### REQUIRED ACTION
Output, exactly as written, the lines of the data below from the one containing "(elim (Option-cases ((answer" to the end.

-- GIVEN RECORDS follows --

-- ===== src/Jsonconfig/Validate/Whole.antt =====
-- jsonconfig/jsonconfig.go: the errors of a whole use of an object.
use go.Common.{
  ℕ, ◌≡◌, refl, ap, arith, false, List, [], ◌∷◌, ◌++◌, Option, none, some, All, Option-cases, inl,
  inr, append-nil,
}
use go.Jsonconfig.{
  ConfigErr, Slot, known, errors, entry, Obj, same_key, get, put, known_keys, errors_key,
  note_known_key, append_error,
}
use go.Jsonconfig.Access.{Answer, access}

-- A key that the package does not use itself.
abbrev pub IsOwn : List ℕ → Type 0
IsOwn k = (same_key known_keys k ≡ false) × (same_key errors_key k ≡ false)

-- An object as it is decoded: no key is one of the package's.
abbrev pub IsFresh : Obj → Type 0
IsFresh jc =
    All (λ e. (same_key (e.key) known_keys ≡ false) × (same_key (e.key) errors_key ≡ false)) jc

-- What the package has added to an object: the keys asked for, and the errors.
abbrev pub added : List (List ℕ) → List ConfigErr → Obj
added [] [] = []
added [] (e ∷ es) = entry errors_key (errors (e ∷ es)) ∷ []
added (k ∷ ks) [] = entry known_keys (known (k ∷ ks)) ∷ []
added (k ∷ ks) (e ∷ es) =
    entry known_keys (known (k ∷ ks)) ∷ entry errors_key (errors (e ∷ es)) ∷ []

pub get-fresh_known : (jc t : Obj) → IsFresh jc → get (jc ++ t) known_keys ≡ get t known_keys
get-fresh_known [] t h = refl
get-fresh_known (e ∷ jc) t h = rw h.0.0 (get-fresh_known jc t h.1)

pub get-fresh_errors : (jc t : Obj) → IsFresh jc → get (jc ++ t) errors_key ≡ get t errors_key
get-fresh_errors [] t h = refl
get-fresh_errors (e ∷ jc) t h = rw h.0.1 (get-fresh_errors jc t h.1)

put-fresh_known :
    (jc t : Obj) (s : Slot) → IsFresh jc → put (jc ++ t) known_keys s ≡ jc ++ put t known_keys s
put-fresh_known [] t s h = refl
put-fresh_known (e ∷ jc) t s h = rw (h.0.0) (ap (λ l. e ∷ l) (put-fresh_known jc t s h.1))

put-fresh_errors :
    (jc t : Obj) (s : Slot) → IsFresh jc → put (jc ++ t) errors_key s ≡ jc ++ put t errors_key s
put-fresh_errors [] t s h = refl
put-fresh_errors (e ∷ jc) t s h = rw (h.0.1) (ap (λ l. e ∷ l) (put-fresh_errors jc t s h.1))

get-added :
    (ks : List (List ℕ)) (es : List ConfigErr) (k : List ℕ) → IsOwn k → get (added ks es) k ≡ none
get-added [] [] k h = refl
get-added [] (e ∷ es) k h = rw h.1 refl
get-added (a ∷ ks) [] k h = rw h.0 refl
get-added (a ∷ ks) (e ∷ es) k h = rw (h.0, h.1) refl

get-own :
    (jc : Obj) (ks : List (List ℕ)) (es : List ConfigErr) (k : List ℕ)
    → IsOwn k
    → get (jc ++ added ks es) k ≡ get jc k
get-own [] ks es k h = get-added ks es k h
get-own (e ∷ jc) ks es k h = rw (get-own jc ks es k h) refl

pub append_error-added :
    (jc : Obj) (ks : List (List ℕ)) (es : List ConfigErr) (e : ConfigErr)
    → IsFresh jc
    → append_error (jc ++ added ks es) e ≡ some (jc ++ added ks (es ++ (e ∷ [])))
unfolding append_error
append_error-added jc [] [] e h =
    rw (get-fresh_errors jc [] h, put-fresh_errors jc [] (errors (e ∷ [])) h) refl
append_error-added jc [] (d ∷ es) e h =
    rw
      (
        get-fresh_errors jc (added [] (d ∷ es)) h,
        put-fresh_errors jc (added [] (d ∷ es)) (errors (d ∷ es ++ (e ∷ []))) h,
      )
      refl
append_error-added jc (k ∷ ks) [] e h =
    rw
      (
        get-fresh_errors jc (added (k ∷ ks) []) h,
        put-fresh_errors jc (added (k ∷ ks) []) (errors (e ∷ [])) h,
      )
      refl
append_error-added jc (k ∷ ks) (d ∷ es) e h =
    rw
      (
        get-fresh_errors jc (added (k ∷ ks) (d ∷ es)) h,
        put-fresh_errors jc (added (k ∷ ks) (d ∷ es)) (errors (d ∷ es ++ (e ∷ []))) h,
      )
      refl

note_known_key-added :
    (jc : Obj) (ks : List (List ℕ)) (es : List ConfigErr) (k : List ℕ)
    → IsFresh jc
    → (ks ≡ [] → es ≡ [])
    → note_known_key (jc ++ added ks es) k ≡ some (jc ++ added (ks ++ (k ∷ [])) es)
unfolding note_known_key
note_known_key-added jc [] [] k h late =
    rw (get-fresh_known jc [] h, put-fresh_known jc [] (known (k ∷ [])) h) refl
note_known_key-added jc [] (e ∷ es) k h late = absurd (ground (arith, late refl))
note_known_key-added jc (a ∷ ks) [] k h late =
    rw
      (
        get-fresh_known jc (added (a ∷ ks) []) h,
        put-fresh_known jc (added (a ∷ ks) []) (known (a ∷ ks ++ (k ∷ []))) h,
      )
      refl
note_known_key-added jc (a ∷ ks) (e ∷ es) k h late =
    rw
      (
        get-fresh_known jc (added (a ∷ ks) (e ∷ es)) h,
        put-fresh_known jc (added (a ∷ ks) (e ∷ es)) (known (a ∷ ks ++ (k ∷ []))) h,
      )
      refl

abbrev pub as_list : Option ConfigErr → List ConfigErr
as_list none = []
as_list (some e) = e ∷ []

-- An accessor answers as if it were asked first, of the object as it was decoded, whatever keys and
-- errors (ks and es) are stored by then, no error before a key; it adds its key and its error to
-- those, changes nothing else and does not panic. No key of the object, nor the one asked for, is
-- one that the package uses itself.
pub access_lem {ℓ} :
    {A : Type ℓ} (answer : Option Slot → Answer A) (jc : Obj) (ks : List (List ℕ))
    (es : List ConfigErr) (k : List ℕ)
    → IsFresh jc
    → IsOwn k
    → (ks ≡ [] → es ≡ [])
    → access answer (jc ++ added ks es) k
      ≡ some (
        jc ++ added (ks ++ (k ∷ [])) (es ++ as_list ((answer (get jc k)).err)),
        (answer (get jc k)).value,
      )
unfolding access
access_lem answer jc ks es k fresh own late =
    rw (note_known_key-added jc ks es k fresh late, get-own jc (ks ++ (k ∷ [])) es k own)
      (elim (Option-cases ((answer (get jc k)).err)) [
        | inl e ↦ rw (e, append-nil es) refl
        | inr (err, e) ↦ rw (e, append_error-added jc (ks ++ (k ∷ [])) es err fresh) refl
      ])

-- GIVEN RECORDS concluded --

### RESULT OF THE TASK
      (elim (Option-cases ((answer (get jc k)).err)) [
        | inl e ↦ rw (e, append-nil es) refl
        | inr (err, e) ↦ rw (e, append_error-added jc (ks ++ (k ∷ [])) es err fresh) refl
      ])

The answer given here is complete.